You know, they talk about using fullerine carbon to make the space elevator or a sky hook. Any material strong enough to make a sky hook or space elevator will certainly be strong enough to make artificial islands in the ocean that can withstand any typhoon or rogue waves that get thrown at them. Even the sky hook is several thousand kilometers in length. An artificial island has to be only about 6 kilometers high.

I am very much into the ocean city-state (Hong Kong ver 2.0) concept.

Friday, 08 January, 2010  
Blogger al fin said...

Building a platform for a seamount seastead will require some creative engineering. But the payoff is likely to be substantial.

To create another Hong Kong or Singapore, you will need a fairly large seastead, and a lot of bright creative entrepreneurs and financiers. You also need a quick route to the world's markets -- good acess for sea freight and air transport.

Saturday, 09 January, 2010  
Anonymous Anonymous said...

In your post you link to a seastead forum discussion that touches on using concrete piers to support a microstate. Seeing the seastead link brought up something I have been thinking about for a couple of months now. Concrete could conceivable be used as a construction material in space. This sounds loony, maybe even asinine, but I think I have worked out how such a construction method could be used in near earth orbit allowing us to build large geometrically simple structures such as massive spheres and cylinders for space colonies.

Let me describe how a sphere would be formed in space. At an orbiting drydock a large solar shield would be unfurled to prevent massive swings in temperature. This solar shield would essentially be a cylinder with one end closed and the open end permanently pointed at earth, which since the drydock would be orbiting low enough would prevent the sun from shining directly into the workspace.
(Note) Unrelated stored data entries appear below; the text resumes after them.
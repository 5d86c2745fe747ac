-- ===== src/Gossip/Offline.antt =====
-- internal/gossip/directory.go: who is offline after a sweep.
use custom_consensus.Base.{
  ℕ, ◌+◌, ◌≤◌, ◌<◌, ◌≡◌, ap, ◌⊎◌, inl, inr, refl, true, List, [], ◌∷◌, map, Map, Text, text_eq,
  eq_of_text_eq, ltb, All, Bool-cases, arith,
}
use custom_consensus.Base.Int.{pos}
use custom_consensus.Gossip.{
  NodeInfo, NodeDirectory, offline, swept_info, sweep_nodes, sweep_for, sweep_directory,
}

-- Offline, or heard of within the time to live.
abbrev pub Fresh : ℕ → ℕ → NodeInfo → Type 0
Fresh ttl now info = (info.status ≡ offline) ⊎ (now ≤ info.last_seen + ttl)

swept_info-Fresh : (ttl now : ℕ) (info : NodeInfo) → Fresh ttl now (swept_info ttl now info)
unfolding swept_info
swept_info-Fresh ttl now info = elim (Bool-cases (ltb (info.last_seen + ttl) now)) [
  | inr recent ↦ rw (recent, swept_info) (inr (ground arith))
  | inl stale ↦ elim (Bool-cases (text_eq info.status offline)) [
    | inl off ↦ rw (stale, off, swept_info) (inl (eq_of_text_eq info.status offline off))
    | inr other ↦ rw (stale, other, swept_info) (inl refl)
  ]
]

sweep_nodes-Fresh :
    (ttl now : ℕ) (m : Map NodeInfo) → All (λ e. Fresh ttl now e.1) (sweep_nodes ttl now m)
unfolding sweep_nodes
sweep_nodes-Fresh ttl now [] = tt
sweep_nodes-Fresh ttl now ((k, info) ∷ m) =
    (swept_info-Fresh ttl now info, sweep_nodes-Fresh ttl now m)

abbrev pub ids : Map NodeInfo → List Text
ids = map (λ e. e.0)

ids-sweep_nodes : (ttl now : ℕ) (m : Map NodeInfo) → ids (sweep_nodes ttl now m) ≡ ids m
unfolding sweep_nodes
ids-sweep_nodes ttl now [] = refl
ids-sweep_nodes ttl now ((k, info) ∷ m) = ap (◌∷◌ k) (ids-sweep_nodes ttl now m)

-- With a positive time to live every node is offline after a sweep or was heard of within that time, and
-- no node is added or removed.
pub sweep_directory-Fresh :
    (d : NodeDirectory) (ttl now : ℕ)
    → d.ttl ≡ pos ttl
    → 0 < ttl
    → All (λ e. Fresh ttl now e.1) (sweep_directory d now).nodes
      × (ids (sweep_directory d now).nodes ≡ ids d.nodes)
unfolding sweep_directory sweep_for
sweep_directory-Fresh d ttl now is h =
    let p : ltb 0 ttl ≡ true = ground arith in
    rw (is, p, sweep_for) (sweep_nodes-Fresh ttl now d.nodes, ids-sweep_nodes ttl now d.nodes)
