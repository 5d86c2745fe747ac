-- ===== src/Iot/Limits.antt =====
-- internal/iot/registry.go: the device limit and the errors of an update.
use custom_consensus.Base.{
  ◌⊎◌, subst, sym, ◌==◌, ℕ, ◌+◌, ◌≤◌, ◌<◌, ◌≡◌, ◌≢◌, refl, ap, inl, inr, true, false, Option, none,
  some, [], ◌∷◌, Text, Map, get, put, get-put_self, text_eq, eq_of_text_eq, Bool-cases, is_empty,
  arith,
}
use custom_consensus.Base.Int.{ℤ, pos}
use custom_consensus.Iot.{
  or_time, Device, Registry, RegistryError, registry_full, save_failed, Files, is_l3_attester,
  save_locked, non_attesters, limit_of, reached, stored_device, put_device, upsert,
  upsert_with_limit, get_device,
}

save_locked-by_id : (fs : Files) (r : Registry) → (save_locked fs r).0.by_id ≡ r.by_id
unfolding save_locked
save_locked-by_id fs r = ground arith

save_locked_error : (fs : Files) (r : Registry) → (save_locked fs r).1 ≢ some registry_full
unfolding save_locked
save_locked_error fs r = ground arith

non_attesters-put_attester :
    (k : Text) (d : Device) (m : Map Device)
    → is_l3_attester k ≡ true
    → non_attesters (put k d m) ≡ non_attesters m
unfolding non_attesters put
non_attesters-put_attester k d [] h = rw h refl
non_attesters-put_attester k d ((j, w) ∷ m) h = elim (Bool-cases (text_eq j k)) [
  | inl same ↦ rw (same, eq_of_text_eq j k same, put, non_attesters) refl
  | inr other ↦ rw (other, put, non_attesters, non_attesters-put_attester k d m h) refl
]

non_attesters-put_old :
    (k : Text) (d v : Device) (m : Map Device)
    → get k m ≡ some v
    → non_attesters (put k d m) ≡ non_attesters m
unfolding non_attesters put get
non_attesters-put_old k d v [] e = absurd (ground arith)
non_attesters-put_old k d v ((j, w) ∷ m) e = elim (Bool-cases (text_eq j k)) [
  | inl same ↦ rw (same, eq_of_text_eq j k same, put, non_attesters) refl
  | inr other ↦
      rw (other, put, non_attesters, non_attesters-put_old k d v m (rw (other, get) at e)) refl
]

non_attesters-put :
    (k : Text) (d : Device) (m : Map Device) → non_attesters (put k d m) ≤ non_attesters m + 1
unfolding non_attesters put
non_attesters-put k d [] = ground arith
non_attesters-put k d ((j, w) ∷ m) = elim (Bool-cases (text_eq j k)) [
  | inl same ↦ rw (same, eq_of_text_eq j k same, put, non_attesters) (ground arith)
  | inr other ↦ rw (other, put, non_attesters) (ground (arith, non_attesters-put k d m))
]

put_device-non_attesters :
    (fs : Files) (r : Registry) (d : Device)
    → non_attesters (put_device fs r d).0.by_id ≡ non_attesters (put d.device_id d r.by_id)
unfolding put_device
put_device-non_attesters fs r d = ap non_attesters (save_locked-by_id fs _)

room_left : (n m : ℕ) {k : ℕ} → 0 < n → k ≤ m + 1 → reached (pos n) m ≡ false → k ≤ n
unfolding reached
room_left n m h le e = ground arith

upsert-Within :
    (fs : Files) (r : Registry) (d : Device) (n now : ℕ) (o : Option Device)
    → get d.device_id r.by_id ≡ o
    → 0 < n
    → non_attesters r.by_id ≤ n
    → non_attesters (upsert fs r d (pos n) now o).0.by_id ≤ n
unfolding upsert stored_device
upsert-Within fs r d n now (some prev) e h within =
    rw
      (
        put_device-non_attesters fs r (stored_device d prev.first_seen now),
        non_attesters-put_old d.device_id (stored_device d prev.first_seen now) prev r.by_id e,
      )
      within
upsert-Within fs r d n now none e h within = elim (Bool-cases (is_l3_attester d.device_id)) [
  | inl attester ↦
      rw
        (
          attester,
          put_device-non_attesters fs r (stored_device d now now),
          non_attesters-put_attester d.device_id (stored_device d now now) r.by_id attester,
        )
        within
  | inr other ↦ elim (Bool-cases (reached (pos n) (non_attesters r.by_id))) [
    | inl full ↦ rw (other, full) within
    | inr room ↦
        rw (other, room, put_device-non_attesters fs r (stored_device d now now))
          (room_left n (non_attesters r.by_id) h
            (non_attesters-put d.device_id (stored_device d now now) r.by_id) room)
  ]
]

-- A positive limit, be it the caller's or the registry's own, is never exceeded: if at most as many
-- devices as the limit are registered, not counting L3 attesters, then so it is after any update.
pub upsert_with_limit-Within :
    (fs : Files) (r : Registry) (d : Device) (max : ℤ) (n now : ℕ)
    → limit_of r max ≡ pos n
    → 0 < n
    → non_attesters r.by_id ≤ n
    → non_attesters (upsert_with_limit fs r d max now).0.by_id ≤ n
unfolding upsert_with_limit
upsert_with_limit-Within fs r d max n now e h within =
    rw e (upsert-Within fs r d n now (get d.device_id r.by_id) refl h within)

-- A time that is filled in with a default if it is the zero time.
abbrev pub Filled : ℕ → ℕ → ℕ → Type 0
Filled t default u = ((t ≡ 0) × (u ≡ default)) ⊎ ((t ≢ 0) × (u ≡ t))

-- The time at which a device was first seen, which is now for a new one.
abbrev pub first_time : Option Device → ℕ → ℕ
first_time none now = now
first_time (some prev) now = prev.first_seen

-- The device is registered under its ID, as it was given but for the times.
pub record Registered (r : Registry) (d : Device) (now : ℕ) (r' : Registry) : Type 0 where
  pub first : ℕ
  pub last : ℕ
  pub found : get_device r' d.device_id ≡ some (record d { first_seen = first; last_seen = last })
  pub first_filled : Filled d.first_seen (first_time (get_device r d.device_id) now) first
  pub last_filled : Filled d.last_seen now last

-- What an update did, by the error it returned.
abbrev pub Stored : Files → Registry → Device → ℕ → Registry × Option RegistryError → Type 0
Stored fs r d now (r', some registry_full) =
    (r' ≡ r) × (get_device r d.device_id ≡ none) × (is_l3_attester d.device_id ≡ false)
Stored fs r d now (r', some save_failed) =
    Registered r d now r' × ((r'.stored ≡ r.stored) ⊎ (r'.stored ≡ fs.left_behind))
Stored fs r d now (r', none) =
    Registered r d now r'
    × (((is_empty fs.data_dir ≡ true) × (r'.stored ≡ r.stored)) ⊎ (r'.stored ≡ some r'.by_id))

or_time-Filled : (t default : ℕ) → Filled t default (or_time t default)
unfolding or_time
or_time-Filled t default = elim (Bool-cases (t == 0)) [
  | inl zero ↦ inl (ground arith, rw zero refl)
  | inr some_time ↦ inr (λ e. ground arith, rw some_time refl)
]

put_device-Stored :
    (fs : Files) (r : Registry) (d : Device) (now : ℕ) (o : Option Device)
    → get d.device_id r.by_id ≡ o
    → Stored fs r d now (put_device fs r (stored_device d (first_time o now) now))
unfolding put_device get_device save_locked stored_device
put_device-Stored fs r d now o e =
    let d' = stored_device d (first_time o now) now in
    let r' : Registry = record r { by_id = put d.device_id d' r.by_id } in
    let registered : (m : Option (Map Device)) → Registered r d now (record r' { stored = m }) =
      λ m. record {
        first = d'.first_seen;
        last = d'.last_seen;
        found = get-put_self d.device_id d' r.by_id;
        first_filled =
            subst (λ v. Filled d.first_seen (first_time v now) d'.first_seen) (sym e)
              (or_time-Filled d.first_seen (first_time o now));
        last_filled = or_time-Filled d.last_seen now;
      } in
    elim (Bool-cases (is_empty fs.data_dir)) [
      | inl nowhere ↦ rw (nowhere, save_locked) (registered r.stored, inl (nowhere, refl))
      | inr somewhere ↦ elim (Bool-cases fs.mkdir_fails) [
        | inl refused ↦ rw (somewhere, refused, save_locked) (registered r.stored, inl refl)
        | inr made ↦ elim (Bool-cases fs.write_fails) [
          | inl failed ↦
              rw (somewhere, made, failed, save_locked) (registered fs.left_behind, inr refl)
          | inr written ↦
              rw (somewhere, made, written, save_locked) (registered (some r'.by_id), inr refl)
        ]
      ]
    ]

upsert-Stored :
    (fs : Files) (r : Registry) (d : Device) (max : ℤ) (now : ℕ) (o : Option Device)
    → get d.device_id r.by_id ≡ o
    → Stored fs r d now (upsert fs r d max now o)
unfolding upsert get_device
upsert-Stored fs r d max now (some prev) e = put_device-Stored fs r d now (some prev) e
upsert-Stored fs r d max now none e = elim (Bool-cases (is_l3_attester d.device_id)) [
  | inl attester ↦ rw attester (put_device-Stored fs r d now none e)
  | inr other ↦ elim (Bool-cases (reached max (non_attesters r.by_id))) [
    | inl full ↦ rw (other, full) (refl, e, other)
    | inr room ↦ rw (other, room) (put_device-Stored fs r d now none e)
  ]
]

-- An update that is refused because the registry is full leaves the registry as it was, and the
-- device is new and no L3 attester. On any other outcome the device is registered under its ID as it
-- was given, with the time of the old entry, or now, for a zero FirstSeen, and now for a zero LastSeen,
-- even when saving failed. Without an error the saved file holds all devices, unless there is no data
-- directory; with one it is the old file or what the failed write left.
pub upsert_with_limit-Stored :
    (fs : Files) (r : Registry) (d : Device) (max : ℤ) (now : ℕ)
    → Stored fs r d now (upsert_with_limit fs r d max now)
unfolding upsert_with_limit
upsert_with_limit-Stored fs r d max now =
    upsert-Stored fs r d (limit_of r max) now (get d.device_id r.by_id) refl
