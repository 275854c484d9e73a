-- ===== src/Consensus/Counting.antt =====
-- src/consensus/consensus.cpp: the round counts senders, each once, and a quorum is 2f + 1 of them.
use blockchain_demo.Prelude.{
  ℕ, ◌≡◌, refl, sym, subst, ap, ◌∙◌, true, false, not, ◌||◌, List, [], ◌∷◌, ◌++◌, Bytes, map, arith,
  length, length-append, leb, bytes_eq, bytes_eq_iff, bytes_eq_refl, if_cases,
}
use blockchain_demo.Block.{NodeSignature}
use blockchain_demo.Consensus.{ConsensusEngine, ConsensusRound, ConsensusMessage, new_round}
use blockchain_demo.Consensus.Sets.{
  member, insert, place, NoRepeat, member-place, length-place, place-NoRepeat,
}
use blockchain_demo.Consensus.Engine.{add_event, quorum}
use blockchain_demo.Consensus.Voting.{
  Handled, count_prepare, count_commit, fits_round, is_drop_prepare, is_drop_commit,
}

pub member-insert : (x : Bytes) (s : List Bytes) → member x (insert x s) ≡ true
unfolding insert
member-insert x s =
    if_cases (λ l. member x l ≡ true) (member x s) s (place x s) (λ h. h)
      (λ _. rw (member-place x x s, bytes_eq_refl x) refl)

abbrev pub signers : List NodeSignature → List Bytes
signers = map (λ (s : NodeSignature). s.node_id)

-- The counts of a round are the numbers of its senders, no sender stands twice, and the signatures
-- are one for each sender of a COMMIT.
pub record IsCounted (r : ConsensusRound) : Type 0 where
  pub prepares : r.prepare_count ≡ length r.prepare_senders
  pub prepare_once : NoRepeat r.prepare_senders
  pub commits : r.commit_count ≡ length r.commit_senders
  pub commit_once : NoRepeat r.commit_senders
  pub signed : (q : Bytes) → member q (signers r.commit_signatures) ≡ member q r.commit_senders
  pub sign_once : NoRepeat (signers r.commit_signatures)
  pub sign_count : length r.commit_signatures ≡ length r.commit_senders

member-append :
    (q : Bytes) (xs : List NodeSignature) (x : NodeSignature)
    → member q (signers (xs ++ (x ∷ []))) ≡ (bytes_eq q x.node_id || member q (signers xs))
unfolding member
member-append q [] x = refl
member-append q (y ∷ xs) x = ground (arith, member-append q xs x)

append-NoRepeat :
    (xs : List NodeSignature) (x : NodeSignature)
    → member x.node_id (signers xs) ≡ false
    → NoRepeat (signers xs)
    → NoRepeat (signers (xs ++ (x ∷ [])))
unfolding member NoRepeat
append-NoRepeat [] x h d = (refl, tt)
append-NoRepeat (y ∷ xs) x h d = ground (
  arith,
  append-NoRepeat xs x,
  member-append y.node_id xs x,
  bytes_eq_iff x.node_id y.node_id,
  bytes_eq_iff y.node_id x.node_id,
)

pub insert-new : (x : Bytes) (s : List Bytes) → member x s ≡ false → insert x s ≡ place x s
unfolding insert
insert-new x s h = rw h refl

pub insert-NoRepeat : (x : Bytes) (s : List Bytes) → NoRepeat s → NoRepeat (insert x s)
unfolding insert
insert-NoRepeat x s d =
    if_cases NoRepeat (member x s) s (place x s) (λ _. d) (λ h. place-NoRepeat x s h d)

prepare_more :
    (r : ConsensusRound) (x : Bytes)
    → member x r.prepare_senders ≡ false
    → IsCounted r
    → IsCounted (record r {
      prepare_senders = insert x r.prepare_senders;
      prepare_count = length (insert x r.prepare_senders);
    })
prepare_more r x h c = record {
  prepares = refl;
  prepare_once = insert-NoRepeat x r.prepare_senders c.prepare_once;
  commits = c.commits;
  commit_once = c.commit_once;
  signed = c.signed;
  sign_once = c.sign_once;
  sign_count = c.sign_count;
}

pub commit_more :
    (r : ConsensusRound) (sig : NodeSignature)
    → member sig.node_id r.commit_senders ≡ false
    → IsCounted r
    → IsCounted (record r {
      commit_senders = insert sig.node_id r.commit_senders;
      commit_count = length (insert sig.node_id r.commit_senders);
      commit_signatures = r.commit_signatures ++ (sig ∷ []);
    })
commit_more r sig h c = record {
  prepares = c.prepares;
  prepare_once = c.prepare_once;
  commits = refl;
  commit_once = insert-NoRepeat sig.node_id r.commit_senders c.commit_once;
  signed = λ q.
      rw
        (
          insert-new sig.node_id r.commit_senders h,
          member-append q r.commit_signatures sig,
          member-place q sig.node_id r.commit_senders,
          c.signed q,
        )
        refl;
  sign_once = append-NoRepeat r.commit_signatures sig (c.signed sig.node_id ∙ h) c.sign_once;
  sign_count = rw (insert-new sig.node_id r.commit_senders h) (
      omega (
        arith,
        length-append r.commit_signatures (sig ∷ []),
        length-place sig.node_id r.commit_senders,
        c.sign_count,
      ));
}

pub new_round-IsCounted : (now : ℕ) → IsCounted (new_round now)
unfolding new_round NoRepeat
new_round-IsCounted now = record {
  prepares = refl;
  prepare_once = tt;
  commits = refl;
  commit_once = tt;
  signed = λ q. refl;
  sign_once = tt;
  sign_count = refl;
}

-- The counts do not depend on the phase, the place or the time of the round.
pub moved-IsCounted :
    (r s : ConsensusRound)
    → s.prepare_count ≡ r.prepare_count
    → s.commit_count ≡ r.commit_count
    → s.prepare_senders ≡ r.prepare_senders
    → s.commit_senders ≡ r.commit_senders
    → s.commit_signatures ≡ r.commit_signatures
    → IsCounted r
    → IsCounted s
moved-IsCounted r s p q ps cs ss c = record {
  prepares = p ∙ (c.prepares ∙ ap length (sym ps));
  prepare_once = subst NoRepeat (sym ps) c.prepare_once;
  commits = q ∙ (c.commits ∙ ap length (sym cs));
  commit_once = subst NoRepeat (sym cs) c.commit_once;
  signed = λ x. ap (λ l. member x (signers l)) ss ∙ (c.signed x ∙ ap (member x) (sym cs));
  sign_once = subst (λ l. NoRepeat (signers l)) (sym ss) c.sign_once;
  sign_count = ap length ss ∙ (c.sign_count ∙ ap length (sym cs));
}

module _ {D : Type 0} where
  pub count_prepare-IsCounted :
      (now : ℕ) (msg : ConsensusMessage) (e : ConsensusEngine D)
      → IsCounted e.current_round
      → IsCounted (count_prepare now msg e).engine.current_round
  unfolding count_prepare add_event
  count_prepare-IsCounted now msg e c =
      let P : Handled D → Type 0 = λ h. IsCounted h.engine.current_round in
      if_cases P (is_drop_prepare e.attack_mode) _ _ (λ _. c)
        (λ _.
          if_cases P (not (fits_round msg e.current_round)) _ _ (λ _. c)
            (λ _.
              if_cases P (member msg.sender_id e.current_round.prepare_senders) _ _ (λ _. c)
                (λ h.
                  if_cases P
                    (leb (quorum e) (length (insert msg.sender_id e.current_round.prepare_senders)))
                    _ _
                    (λ _.
                      moved-IsCounted _ _ refl refl refl refl refl
                        (prepare_more e.current_round msg.sender_id h c))
                    (λ _. prepare_more e.current_round msg.sender_id h c))))

  pub count_commit-IsCounted :
      (now : ℕ) (msg : ConsensusMessage) (sigs : List NodeSignature) (e : ConsensusEngine D)
      → IsCounted e.current_round
      → IsCounted (count_commit now msg sigs e).engine.current_round
  unfolding count_commit add_event
  count_commit-IsCounted now msg sigs e c =
      let P : Handled D → Type 0 = λ h. IsCounted h.engine.current_round in
      let sig : NodeSignature = record {
        node_id = msg.sender_id;
        public_key_hex = [];
        signature_hex = msg.signature_hex;
      } in
      if_cases P (is_drop_commit e.attack_mode) _ _ (λ _. c)
        (λ _.
          if_cases P (not (fits_round msg e.current_round)) _ _ (λ _. c)
            (λ _.
              if_cases P (member msg.sender_id e.current_round.commit_senders) _ _ (λ _. c)
                (λ h.
                  if_cases P
                    (leb (quorum e) (length (insert msg.sender_id e.current_round.commit_senders)))
                    _ _
                    (λ _.
                      moved-IsCounted _ _ refl refl refl refl refl
                        (commit_more e.current_round sig h c))
                    (λ _. commit_more e.current_round sig h c))))
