-- ===== src/Consensus/Decision.antt =====
-- src/consensus/consensus.cpp: when a COMMIT decides, 2f + 1 nodes have signed.
use blockchain_demo.Prelude.{
  ℕ, ◌+◌, ◌*◌, ◌≡◌, ◌≤◌, refl, ◌∙◌, true, not, List, [], arith, length, leb, leb→le, if_cases,
  eq_true_of, leb→le,
}
use blockchain_demo.Block.{NodeSignature}
use blockchain_demo.Consensus.{ConsensusEngine, ConsensusMessage}
use blockchain_demo.Consensus.Sets.{member, insert, NoRepeat}
use blockchain_demo.Consensus.Engine.{add_event, quorum}
use blockchain_demo.Consensus.Voting.{Handled, count_commit, fits_round, is_drop_commit}
use blockchain_demo.Consensus.Counting.{IsCounted, signers, commit_more, member-insert}

module _ {D : Type 0} where
  -- What a quorum of COMMIT votes means for what the handler leaves and hands out.
  pub record IsDecided (e : ConsensusEngine D) (msg : ConsensusMessage) (h : Handled D)
      : Type 0 where
    pub accepted : h.accepted ≡ true
    pub committed : h.engine.current_round.committed ≡ true
    pub fits : fits_round msg e.current_round ≡ true
    pub enough : 2 * e.config.f + 1 ≤ length h.signatures
    pub signers_once : NoRepeat (signers h.signatures)
    pub kept : h.signatures ≡ h.engine.current_round.commit_signatures
    pub last_signer : member msg.sender_id (signers h.signatures) ≡ true

  pub count_commit-IsDecided :
      (now : ℕ) (msg : ConsensusMessage) (sigs : List NodeSignature) (e : ConsensusEngine D)
      → IsCounted e.current_round
      → (count_commit now msg sigs e).quorum_reached ≡ true
      → IsDecided e msg (count_commit now msg sigs e)
  unfolding count_commit add_event quorum
  count_commit-IsDecided now msg sigs e c =
      let P : Handled D → Type 0 = λ h. h.quorum_reached ≡ true → IsDecided e msg h in
      let sig : NodeSignature = record {
        node_id = msg.sender_id;
        public_key_hex = [];
        signature_hex = msg.signature_hex;
      } in
      if_cases P (is_drop_commit e.attack_mode) _ _ (λ _ q. cc)
        (λ _.
          if_cases P (not (fits_round msg e.current_round)) _ _ (λ _ q. cc)
            (λ fits.
              if_cases P (member msg.sender_id e.current_round.commit_senders) _ _ (λ _ q. cc)
                (λ h.
                  if_cases P
                    (leb (quorum e) (length (insert msg.sender_id e.current_round.commit_senders)))
                    _ _
                    (λ enough q.
                      let more = commit_more e.current_round sig h c in
                      record {
                        accepted = refl;
                        committed = refl;
                        fits = eq_true_of (fits_round msg e.current_round) fits;
                        enough = omega (
                          arith,
                          leb→le (quorum e)
                              (length (insert msg.sender_id e.current_round.commit_senders)) enough,
                          more.sign_count,
                        );
                        signers_once = more.sign_once;
                        kept = refl;
                        last_signer =
                            more.signed msg.sender_id
                            ∙ member-insert msg.sender_id e.current_round.commit_senders;
                      })
                    (λ _ q. cc))))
In the workspace an spherical textile form would be inflatedd, and then a second form would be inflated inside the first form. Since the forms are not reusable ideally the inner and outer forms would be stitched together as a single piece with tiny fibers running from the inner form to the outer form keeping them in perfect alignment. Most types of concrete must have internal reinforcement in order to overcome tensile forces and to increase compressive strength, but steel rebar is not a practical building material in space. Fiber reinforcement has been suggested here on earth as a replacement for rebar, since certain types and shapes have been hypothesized to impart higher tensile strength to the finished product. However, I believe that mixing in a fiber reinforcement is somewhat impractical in space and instead an advanced concrete that does not need reinforcement should be used. I propose the use of a next generation of this, or some other concrete using much purer materials.

By this method cylinders 1000m long and 150m wide could be built and then have floors installed internally.